I currently own a small tree removal company. I climb and remove hazardous trees, etc. I am also a licensed supervising forest products harvester in the state of ct and of course my business is fully insured.

I'm looking for a job doing any kind of logging work making cash (as a subcontractor of course). I'd like to find something part time, maybe a few days a week and will consider 4 days a week. I'm willing to drive about an hour. 

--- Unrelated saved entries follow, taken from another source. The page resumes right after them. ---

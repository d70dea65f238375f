-- ===== src/Demo/Handlers/Infrastructure.antt =====
-- POST, PUT and DELETE under /infrastructure-resources: services/mockRouter.ts.
use everyup.Common.{
  String, Bool, true, false, Option, some, none, [], ◌∷◌, ◌++◌, if◌then◌else◌, ◌==◌, ◌+++◌, decimal,
  find, update_first, remove_first, or_else,
}
use everyup.Api.Hosts.{InfrastructureResource, InfrastructureAdapter}
use everyup.Demo.State.{
  DemoState, Env, Body, Payload, parse, parse_object, refusal, is_null, Reply, reply_row, Failure,
  random_hex,
}

-- `({ id }) => id === wanted`.
abbrev pub is_resource : String → InfrastructureResource → Bool
is_resource id r = r.id == id

-- `parsed.projectId || undefined`: an empty text is no group.
abbrev pub or_undefined : Option String → Option String
or_undefined none = none
or_undefined (some p) = if p == "" then none else some p

new_resource : Env → Payload → InfrastructureResource
new_resource env p = record {
  id = "infra_mock_" +++ decimal env.now;
  name = or_else p.name "";
  project_id = p.project_id;
  adapter = InfrastructureAdapter.otel_collector;
  is_active = true;
  api_key_masked = some "everyup_ab.....demo";
  api_key = some ("everyup_" +++ random_hex env.byte 32);
  last_seen_at = none;
  cpu_usage = none;
  memory_usage = none;
  disk_usage = none;
  created_at = env.now;
  updated_at = env.now;
}

unfoldable pub create : Env → Body → DemoState → DemoState × Reply
unfolding new_resource
create env body s = elim (parse_object body) [
  | none ↦ (s, Reply.thrown (refusal body))
  | some p ↦ (
    record s { infrastructure = s.infrastructure ++ new_resource env p ∷ [] },
    Reply.infrastructure (new_resource env p),
  )
]

abbrev rotated : InfrastructureResource → InfrastructureResource
rotated r = record r { is_active = true; api_key_masked = some "everyup_ab.....new1" }

unfoldable pub rotate : Env → String → DemoState → DemoState × Reply
rotate env id s = elim (find (is_resource id) s.infrastructure) [
  | none ↦ (s, Reply.null)
  | some r ↦ (
    record s { infrastructure = update_first (is_resource id) rotated s.infrastructure },
    Reply.infrastructure
        (record (rotated r) { api_key = some ("everyup_" +++ random_hex env.byte 32) }),
  )
]

abbrev revoked : InfrastructureResource → InfrastructureResource
revoked r = record r { is_active = false }

unfoldable pub revoke : String → DemoState → DemoState × Reply
revoke id s =
    let rows = update_first (is_resource id) revoked s.infrastructure in
    (
      record s { infrastructure = rows },
      reply_row Reply.infrastructure (find (is_resource id) rows),
    )

-- `Object.assign(resource, parsed, { projectId, updatedAt })`, with the id and the fields of the
-- input type.
abbrev assigned : Env → Payload → InfrastructureResource → InfrastructureResource
assigned env p r = record r {
  id = or_else p.id r.id;
  name = or_else p.name r.name;
  project_id = or_undefined p.project_id;
  updated_at = env.now;
}

-- The row that is there is read again after the body is parsed, so that `null` is refused only where
-- it is there.
unfoldable pub update : Env → String → Body → DemoState → DemoState × Reply
update env id body s = elim (parse body) [
  | none ↦ (s, Reply.thrown Failure.syntax_error)
  | some p ↦ elim (find (is_resource id) s.infrastructure) [
    | none ↦ (s, Reply.undefined)
    | some r ↦ if is_null body then (s, Reply.thrown Failure.type_error) else (
      record s { infrastructure = update_first (is_resource id) (assigned env p) s.infrastructure },
      Reply.infrastructure (assigned env p r),
    )
  ]
]

unfoldable pub remove : String → DemoState → DemoState × Reply
remove id s =
    (record s { infrastructure = remove_first (is_resource id) s.infrastructure }, Reply.undefined)
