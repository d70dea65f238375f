-- ===== src/Demo/Handlers/Monitors.antt =====
-- POST, PUT and DELETE under /services: uptime monitors, services/mockRouter.ts.
use everyup.Common.{
  String, true, some, none, [], ◌∷◌, ◌++◌, ◌+++◌, decimal, find, update_first, remove_first,
  or_else,
}
use everyup.Api.Monitors.{UptimeMonitor, UptimeMonitorType, UptimeMonitorStatus}
use everyup.Demo.State.{DemoState, Env, Body, Payload, parse, parse_object, refusal, Reply, Failure}
use everyup.Demo.Handlers.Projects.{is_monitor}

new_monitor : Env → Payload → UptimeMonitor
new_monitor env p = record {
  id = "uptime_mock_" +++ decimal env.now;
  name = or_else p.name "새 업타임";
  project_id = none;
  type = or_else p.type UptimeMonitorType.http;
  is_active = or_else p.is_active true;
  url = or_else p.url (or_else p.host "");
  port = p.port;
  method = or_else p.method "GET";
  expected_status = or_else p.expected_status 200;
  timeout = or_else p.timeout 5000;
  interval = or_else p.interval 30;
  status = UptimeMonitorStatus.unknown;
  last_check_at = none;
  uptime = none;
  response_time = none;
  latency_history = none;
  cert_expires_at = none;
}

unfoldable pub create : Env → Body → DemoState → DemoState × Reply
unfolding new_monitor
create env body s = elim (parse_object body) [
  | none ↦ (s, Reply.thrown (refusal body))
  | some p ↦ (
    record s { monitors = s.monitors ++ new_monitor env p ∷ [] },
    Reply.monitor (new_monitor env p),
  )
]

-- `Object.assign(monitor, parsed)`, with the id and the fields of the input type; a monitor has no
-- `host`.
abbrev assigned : Payload → UptimeMonitor → UptimeMonitor
assigned p r = record r {
  id = or_else p.id r.id;
  name = or_else p.name r.name;
  type = or_else p.type r.type;
  is_active = or_else p.is_active r.is_active;
  url = or_else p.url r.url;
  port = elim p.port [ none ↦ r.port | some n ↦ some n ];
  method = or_else p.method r.method;
  expected_status = or_else p.expected_status r.expected_status;
  timeout = or_else p.timeout r.timeout;
  interval = or_else p.interval r.interval;
}

-- The body is parsed only if the monitor is there.
unfoldable pub update : String → Body → DemoState → DemoState × Reply
update id body s = elim (find (is_monitor id) s.monitors) [
  | none ↦ (s, Reply.undefined)
  | some r ↦ elim (parse body) [
    | none ↦ (s, Reply.thrown Failure.syntax_error)
    | some p ↦ (
      record s { monitors = update_first (is_monitor id) (assigned p) s.monitors },
      Reply.monitor (assigned p r),
    )
  ]
]

unfoldable pub remove : String → DemoState → DemoState × Reply
remove id s = (record s { monitors = remove_first (is_monitor id) s.monitors }, Reply.undefined)
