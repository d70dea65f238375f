-- ===== src/Demo/Handlers/Observed.antt =====
-- POST, PUT and DELETE under /observed-services: services/mockRouter.ts.
use everyup.Common.{
  String, Bool, true, false, some, none, List, [], ◌∷◌, ◌++◌, ◌==◌, ◌+++◌, not, if◌then◌else◌,
  decimal, find, keep, update_first, remove_first, or_else,
}
use everyup.Api.Observed.{ObservedService}
use everyup.Demo.State.{
  DemoState, Env, Body, Payload, parse, parse_object, refusal, is_null, Reply, reply_row, Failure,
  random_hex, map_set, map_delete,
}
use everyup.Demo.Handlers.Infrastructure.{or_undefined}

abbrev pub is_service : String → ObservedService → Bool
is_service id r = r.id == id

abbrev pub default_levels : List String
default_levels = "error" ∷ "warn" ∷ "info" ∷ []

new_service : Env → Payload → ObservedService
new_service env p = record {
  id = "observed_mock_" +++ decimal env.now;
  name = or_else p.name "";
  project_id = p.project_id;
  signals = or_else p.signals [];
  log_level_filter = some default_levels;
  api_exclude_paths = none;
  is_active = true;
  api_key_masked = some "evup_****demo";
  api_key = some ("evup_direct_" +++ random_hex env.byte 24);
  last_seen_at = none;
  created_at = env.now;
  updated_at = env.now;
}

unfoldable pub create : Env → Body → DemoState → DemoState × Reply
unfolding new_service
create env body s = elim (parse_object body) [
  | none ↦ (s, Reply.thrown (refusal body))
  | some p ↦
      let row = new_service env p in
      (
        record s {
          observed = s.observed ++ row ∷ [];
          log_filters = map_set row.id default_levels s.log_filters;
          api_exclusions = map_set row.id [] s.api_exclusions;
        },
        Reply.observed row,
      )
]

abbrev rotated : ObservedService → ObservedService
rotated r = record r { is_active = true; api_key_masked = some "evup_****new1" }

unfoldable pub rotate : Env → String → DemoState → DemoState × Reply
rotate env id s = elim (find (is_service id) s.observed) [
  | none ↦ (s, Reply.null)
  | some r ↦ (
    record s { observed = update_first (is_service id) rotated s.observed },
    Reply.observed
        (record (rotated r) { api_key = some ("evup_direct_" +++ random_hex env.byte 24) }),
  )
]

abbrev revoked : ObservedService → ObservedService
revoked r = record r { is_active = false }

unfoldable pub revoke : String → DemoState → DemoState × Reply
revoke id s =
    let rows = update_first (is_service id) revoked s.observed in
    (record s { observed = rows }, reply_row Reply.observed (find (is_service id) rows))

-- The map is written whether or not a service has this id.
unfoldable pub set_log_filter : String → Body → DemoState → DemoState × Reply
set_log_filter id body s = elim (parse_object body) [
  | none ↦ (s, Reply.thrown (refusal body))
  | some p ↦
      let levels = or_else p.levels [] in
      (record s { log_filters = map_set id levels s.log_filters }, Reply.levels levels)
]

abbrev excluding : List String → ObservedService → ObservedService
excluding paths r = record r { api_exclude_paths = some paths }

unfoldable pub set_api_exclusions : String → Body → DemoState → DemoState × Reply
set_api_exclusions id body s = elim (parse_object body) [
  | none ↦ (s, Reply.thrown (refusal body))
  | some p ↦
      let paths = keep (λ x. not (x == "")) (or_else p.paths []) in
      (
        record s {
          api_exclusions = map_set id paths s.api_exclusions;
          observed = update_first (is_service id) (excluding paths) s.observed;
        },
        Reply.paths paths,
      )
]

abbrev assigned : Env → Payload → ObservedService → ObservedService
assigned env p r = record r {
  id = or_else p.id r.id;
  name = or_else p.name r.name;
  signals = or_else p.signals r.signals;
  project_id = or_undefined p.project_id;
  updated_at = env.now;
}

-- The row that is there is read again after the body is parsed, so that `null` is refused only where
-- it is there.
unfoldable pub update : Env → String → Body → DemoState → DemoState × Reply
update env id body s = elim (parse body) [
  | none ↦ (s, Reply.thrown Failure.syntax_error)
  | some p ↦ elim (find (is_service id) s.observed) [
    | none ↦ (s, Reply.undefined)
    | some r ↦ if is_null body then (s, Reply.thrown Failure.type_error) else (
      record s { observed = update_first (is_service id) (assigned env p) s.observed },
      Reply.observed (assigned env p r),
    )
  ]
]

unfoldable pub remove : String → DemoState → DemoState × Reply
remove id s = (
  record s {
    observed = remove_first (is_service id) s.observed;
    log_filters = map_delete id s.log_filters;
    api_exclusions = map_delete id s.api_exclusions;
  },
  Reply.undefined,
)
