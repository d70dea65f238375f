-- ===== src/Demo/Laws.antt =====
-- What the requests of the demo server keep and guarantee: services/mockRouter.ts.
pub mod Atomic
pub mod Groups
pub mod Identity
pub mod Profiles
pub mod Scenario
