-- ===== src/Demo/Server.antt =====
-- One state-changing request, as mockRouter answers it: services/mockRouter.ts.
use everyup.Common.{String}
use everyup.Demo.Route.Mutations.{Method, Mutation, route}
use everyup.Demo.State.{DemoState, Env, Body, Reply}
use everyup.Demo.Handlers.Agents
use everyup.Demo.Handlers.Infrastructure
use everyup.Demo.Handlers.Monitors
use everyup.Demo.Handlers.Observed
use everyup.Demo.Handlers.Projects

unfoldable pub perform : Env → Mutation → Body → DemoState → DemoState × Reply
perform env (Mutation.create_run id) b s = Agents.create_run env id b s
perform env (Mutation.put_profile id) b s = Agents.put_profile id b s
perform env Mutation.create_infrastructure b s = Infrastructure.create env b s
perform env (Mutation.rotate_infrastructure id) b s = Infrastructure.rotate env id s
perform env (Mutation.revoke_infrastructure id) b s = Infrastructure.revoke id s
perform env (Mutation.update_infrastructure id) b s = Infrastructure.update env id b s
perform env (Mutation.delete_infrastructure id) b s = Infrastructure.remove id s
perform env Mutation.create_observed b s = Observed.create env b s
perform env (Mutation.rotate_observed id) b s = Observed.rotate env id s
perform env (Mutation.revoke_observed id) b s = Observed.revoke id s
perform env (Mutation.set_log_filter id) b s = Observed.set_log_filter id b s
perform env (Mutation.set_api_exclusions id) b s = Observed.set_api_exclusions id b s
perform env (Mutation.update_observed id) b s = Observed.update env id b s
perform env (Mutation.delete_observed id) b s = Observed.remove id s
perform env Mutation.create_project b s = Projects.create env b s
perform env (Mutation.assign p kind id) b s = Projects.assign p kind id s
perform env (Mutation.unassign p kind id) b s = Projects.unassign kind id s
perform env (Mutation.update_project id) b s = Projects.update env id b s
perform env (Mutation.delete_project id) b s = Projects.remove id s
perform env Mutation.create_monitor b s = Monitors.create env b s
perform env (Mutation.update_monitor id) b s = Monitors.update id b s
perform env (Mutation.delete_monitor id) b s = Monitors.remove id s
perform env Mutation.create_agent b s = Agents.create env b s
perform env (Mutation.join_code id) b s = Agents.renew_join_code env s
perform env (Mutation.rotate_agent_key id) b s = Agents.rotate_key env s
perform env (Mutation.delete_agent id) b s = Agents.remove id s
perform env (Mutation.delete_service id key) b s = Agents.remove_service env id key s
perform env (Mutation.echo_log_filter id key) b s = Agents.echo_log_filter b s
perform env Mutation.ignored b s = (s, Reply.null)

-- A request with a method other than GET.
unfoldable pub mock_router : Env → Method → String → Body → DemoState → DemoState × Reply
unfolding perform
mock_router env method endpoint body s = perform env (route method endpoint) body s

I have all of my own chainsaws and safety equipment and climbing gear. I also have a wood chipper but it's getting a new engine put in right now.

Thanks.


----------



## fishercat (Feb 20, 2009)

*i'll keep you in mind if i get something this year.*

i'm in Glastonbury.i have been bidding but no bites.everyone else i have talked to is slow or gone out of business.


----------



## netreelive (Feb 20, 2009)

Well,
If you happen to land any harvesting or land clearing jobs and need a hand, let me know. I'd be happy to work for a reasonable rate for any logging work. I can also bring a crew of fellers with me if needed. [email protected]


----------



## fishercat (Feb 20, 2009)

*felling is the easy part.*



netreelive said:


> Well,
> If you happen to land any harvesting or land clearing jobs and need a hand, let me know. I'd be happy to work for a reasonable rate for any logging work. I can also bring a crew of fellers with me if needed. [email protected]



ii have that completely under control.

sometimes getting the debris out gets labor intensive.i have about 30 red and white oaks i need to get down a tricky yard with a steep hill.gound is gonna have to dry up damn good before anything is done.i dropped the trees a year ago.


----------



## netreelive (Feb 22, 2009)

*chipping*

well, I'd be interested in doing some sub work just chipping soon so if you're in need, keep me in mind:greenchainsaw:


----------